In many countries, women represent about half of the financial services industry. However, few women reach senior leadership positions and there’s a reported gender gap for the timing of the first promotion, according to research by Catalyst. Consider the following data points:
- In 2018, women represented 12% of CFOs in large-cap firms and 34% of CFOs in mid-cap firms.1
- In 2019, women’s global representation on executive committees in major financial services firms was only 20%.2
- In 2019, women’s global share of board directors in major financial services firms was only 23%.3
- In 2017, the financial services industry in North America reported a 24% gap between the rates of first promotions (from entry-level to manager) of women and men, despite asking for promotions at comparable rates.4
Organizations are now taking action.
In Aon’s recent Global HR Pulse Survey, one in five organizations are investing in targeted upskilling programs for women as well as for those from ethnic groups. This could be because 46% of financial services’ respondents say they are concerned that the COVID-19 pandemic may lead to fewer women in leadership positions.

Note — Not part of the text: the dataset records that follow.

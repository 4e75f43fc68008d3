-- ===== src/Utils/Ids.antt =====
-- src/utils.c: reading process, user and group ids.
pub mod Decimal
use libxdxgpu_container.Base.{
  ℕ, ◌+◌, ◌-◌, ◌^◌, Bool, true, false, not, ◌&&◌, ◌||◌, List, [], ◌∷◌, ◌++◌, Option, none, some,
  ltb, leb, ◌==◌, if◌then◌else◌,
}
use libxdxgpu_container.Base.Int.{ℤ, pos, negsuc}
use libxdxgpu_container.Libc.{Bytes, codes, strtoumax, strtoimax, strsep, uintmax_max}
use libxdxgpu_container.Error.{Result, ok, err, set_errno, ◌>>=◌}

-- The values of errno
abbrev pub enoent : ℕ
enoent = 2

abbrev pub einval : ℕ
einval = 22

abbrev pub erange : ℕ
erange = 34

-- `n != (pid_t)n`, for a pid_t of 32 bits; INTMAX_MIN and INTMAX_MAX are no such values either.
abbrev pub is_pid : ℤ → Bool
is_pid (pos n) = ltb n (2 ^ 31)
is_pid (negsuc n) = ltb n (2 ^ 31)

abbrev pub pid_failed : {A : Type 0} → ℕ → Result A
pid_failed errno = err (set_errno errno (codes "parse pid failed"))

abbrev pub pid_from : ℤ × Option Bytes → Result ℤ
pid_from (n, none) = pid_failed einval
pid_from (n, some (c ∷ s)) = pid_failed einval
pid_from (n, some []) = if is_pid n then ok n else pid_failed erange

unfoldable pub str_to_pid : Bytes → Result ℤ
str_to_pid str = pid_from (strtoimax str)

-- The databases of users and groups: the ids of a user by name and by id, and the id of a group.
pub record Database : Type 0 where
  pub getpwnam : Bytes → Option (ℕ × ℕ)
  pub getpwuid : ℕ → Option (ℕ × ℕ)
  pub getgrnam : Bytes → Option ℕ

abbrev pub ids_failed : {A : Type 0} → ℕ → Result A
ids_failed errno = err (set_errno errno (codes "parse user/group failed"))

-- `n == UINTMAX_MAX || n != (uid_t)n`, for ids of 32 bits
abbrev pub is_id : ℕ → Bool
is_id n = not (n == uintmax_max) && ltb n (2 ^ 32)

abbrev pub colon : Bytes
colon = codes ":"

-- What the first part gives: the user, their record if it was looked up, and the text of the group.
pub record UserPart : Type 0 where
  pub uid : ℕ
  pub passwd : Option (ℕ × ℕ)
  pub group : Option Bytes

abbrev pub numeric_user : ℕ → Bytes → Result UserPart
numeric_user n rest =
    if is_id n then ok (record { uid = n; passwd = none; group = some rest }) else ids_failed erange

abbrev pub named_user : Database → Bytes × Option Bytes → Result UserPart
named_user db (name, rest) = elim (db.getpwnam name) [
  | none ↦ ids_failed enoent
  | some (uid, gid) ↦ ok (record { uid = uid; passwd = some (uid, gid); group = rest })
]

abbrev pub user_from : Database → Bytes → ℕ × Option Bytes → Result UserPart
user_from db str (n, none) = named_user db (strsep str colon)
user_from db str (n, some []) = numeric_user n []
user_from db str (n, some (c ∷ s)) = if c == b':' then numeric_user n s else ids_failed einval

unfoldable pub read_user : Database → Bytes → Result UserPart
unfolding strsep
read_user db str = user_from db str (strtoumax str)

abbrev pub own_group : Database → UserPart → Result ℕ
own_group db u = elim u.passwd [
  | some (uid, gid) ↦ ok gid
  | none ↦ elim (db.getpwuid u.uid) [ none ↦ ids_failed enoent | some (uid, gid) ↦ ok gid ]
]

abbrev pub group_from : Database → Bytes → ℕ × Option Bytes → Result ℕ
group_from db str (n, some (c ∷ s)) = ids_failed einval
group_from db str (n, some []) = if is_id n then ok n else ids_failed erange
group_from db str (n, none) = elim (db.getgrnam str) [
  | none ↦ ids_failed enoent
  | some gid ↦ ok gid
]

unfoldable pub read_group : Database → UserPart → Result ℕ
read_group db u = elim u.group [
  | none ↦ own_group db u
  | some [] ↦ own_group db u
  | some (c ∷ s) ↦ group_from db (c ∷ s) (strtoumax (c ∷ s))
]

unfoldable pub str_to_ugid : Database → Bytes → Result (ℕ × ℕ)
unfolding read_user read_group
str_to_ugid db str = do u ← read_user db str; gid ← read_group db u; ok (u.uid, gid)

67% of organizations have heightened concern about having fewer women in leadership positions as a consequence of the pandemic.

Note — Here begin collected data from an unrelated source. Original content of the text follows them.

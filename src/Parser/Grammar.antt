-- ===== src/Parser/Grammar.antt =====
-- What expressions, initializers, constants and the names of types mean: the grammar of C for them, with
-- the tree, the value or the type of each phrase. A phrase stands between two views of the text. `q` is where a node takes its position from.
use claudec.Base.{
  ℕ, suc, ◌+◌, ◌<◌, ◌==◌, ◌||◌, ◌++◌, List, [], ◌∷◌, if◌then◌else◌, ◌%◌, ◌^◌, Bool, true, false,
  Option, none, some, Bytes, codes, ◌≡◌,
}
use claudec.CType.{
  TypeKind, CType, type_int, type_struct, type_union, type_size, type_float, type_double,
}
use claudec.Ast.{NodeType, Ast, ast_add_child, ast_clone}
use claudec.Lexer.{TokenType}
use claudec.Parser.{
  EnumConst, StructTag, FuncSig, TypedefEntry, Parser, done, parser_node, with_attrs,
}
use claudec.Parser.Types.{type_kind}
use claudec.Parser.Calls.{with_child, with_children}
use claudec.Parser.Primary.{arguments_of}
use claudec.Parser.Initializer.{literal_node, sized, scalar_full_type}
use claudec.Parser.Postfix.{node_type, is_subscript_base}
use claudec.Parser.Unary.{is_open_array}
use claudec.Parser.Binary.{conditional_node}
use claudec.Parser.Names.{FirstConst, NoConst, FirstFunction, LastTypedef, Refers}
use claudec.Parser.Nodes.{
  Assigned, enumerator_node, text_node, next_argument_node, conversion_node, type_size_node,
  Accepts, Addressable, Assignable,
}
use claudec.Parser.Runs.{View, Next, names}
use claudec.Parser.Values.{operation, Sign}
use claudec.Parser.Words.{Specifier, ArrayOf, TypedefType, Stars, Qualified}
use claudec.Parser.TypeNames.{max_array_dims}
use claudec.Parser.Constant.{expr_size}
use claudec.Long.{is_negative, add_long}
use claudec.Parser.Symbols.{Infix, Prefix, Access, Assign, Aggregate, is_scalar, Strings, Optional}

Here, we share how a large banking organization was able to identify those women ready for leadership positions and how these women were also identified as having the capabilities to move to a new function.
Lack of leadership-ready women in the technology function
Our banking client was committed to the career development of all its workforce and to create more gender-balanced leadership teams. The firm’s leaders were not satisfied with the mobility and progression of women in leadership roles within the bank’s technology division. Fundamentally, there were too few women in the function to develop and promote. There were, however, women already identified as having leadership potential in other parts of the business.

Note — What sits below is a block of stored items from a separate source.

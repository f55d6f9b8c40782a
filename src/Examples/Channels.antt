-- ===== src/Examples/Channels.antt =====
-- internal/backend/semtechudp/pf_config.go: the theorem on two channels with several spreading-factors and
-- one for FSK.
use lora_gateway_bridge.Common.{
  ℕ, ◌≤◌, ◌≡◌, refl, Bool, true, false, List, [], ◌∷◌, map, All, ok, none, some,
}
use lora_gateway_bridge.Common.Int.{pos, negsuc, ◌+ℤ◌, ◌-ℤ◌}
use lora_gateway_bridge.Gw.{lora, fsk, ChannelConfiguration}
use lora_gateway_bridge.PfConfig.{
  RadioConfig, MultiSfChannelConfig, GatewayConfiguration, get_gateway_config, place_radios,
  place_radio, radio_off, less, assign_all, assign, assign_fsk, assign_lora, assign_lora_config,
  multi_sf_entry, if_of, radio_for, radio_at, covers, min_radio_center_freq, channel_min,
  channel_max, half_radio, radio_bandwidth, channel_bandwidth, bandwidth_for, lora_bandwidth_of,
  fsk_bandwidth_of,
}
use lora_gateway_bridge.PfConfig.Channels.{
  frequency_of, multi_sf_all, IsTuned, get_gateway_config-IsTuned,
}

abbrev pub multi_channel : ℕ → ChannelConfiguration
multi_channel f = record {
  frequency = f;
  modulation = lora;
  lora_config = some (record { bandwidth = 125; spreading_factors = 7 ∷ 8 ∷ [] });
  fsk_config = none;
}

abbrev fsk_channel : ChannelConfiguration
fsk_channel = record {
  frequency = 868800000;
  modulation = fsk;
  lora_config = none;
  fsk_config = some (record { bandwidth = 125; bitrate = 50000 });
}

abbrev channels : List ChannelConfiguration
channels = multi_channel 868100000 ∷ multi_channel 868300000 ∷ fsk_channel ∷ []

-- the channels stand in order
abbrev sort_sorted :
    (ChannelConfiguration → ChannelConfiguration → Bool)
    → List ChannelConfiguration
    → List ChannelConfiguration
sort_sorted lt cs = cs

abbrev radios : RadioConfig × RadioConfig
radios = (record { enable = true; freq = pos 868500000 }, radio_off)

abbrev multi_sf_channel : ℕ → ℕ → MultiSfChannelConfig
multi_sf_channel offset f = record {
  enable = true;
  radio = 0;
  if_freq = negsuc offset;
  freq = pos f;
}

abbrev configuration : GatewayConfiguration
configuration = record {
  radios = radios;
  multi_sf_channels = multi_sf_channel 399999 868100000 ∷ multi_sf_channel 199999 868300000 ∷ [];
  lora_std_channel_config = record {
    enable = false;
    radio = 0;
    if_freq = pos 0;
    bandwidth = 0;
    spread_factor = 0;
    freq = pos 0;
  };
  fsk_channel_config = record {
    enable = true;
    radio = 0;
    if_freq = pos 300000;
    bandwidth = 125;
    data_rate = 50000;
    freq = pos 868800000;
  };
}

configures : get_gateway_config sort_sorted channels ≡ ok configuration
unfolding get_gateway_config place_radios place_radio less assign_all assign assign_fsk assign_lora
    assign_lora_config multi_sf_entry if_of radio_for radio_at covers min_radio_center_freq
    channel_min channel_max half_radio radio_bandwidth channel_bandwidth bandwidth_for
    lora_bandwidth_of fsk_bandwidth_of ◌+ℤ◌ ◌-ℤ◌
configures = refl

get_gateway_config-IsTuned_example :
    (radios ≡ place_radios (radio_off, radio_off) channels)
    × (map frequency_of configuration.multi_sf_channels ≡ multi_sf_all channels)
    × (2 ≤ 8)
    × All (IsTuned radios) configuration.multi_sf_channels
get_gateway_config-IsTuned_example =
    get_gateway_config-IsTuned sort_sorted channels configuration configures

The questions facing those in the technology division were:
- Which of the women in the talent pool were ready for a leadership position right now?
- Which of these women could make the successful transition into the tech team?
The firm needed to understand whether the leader-ready women elsewhere in the business would embrace the challenge of a functional shift in direction and be curious to learn what was needed to succeed in the new division.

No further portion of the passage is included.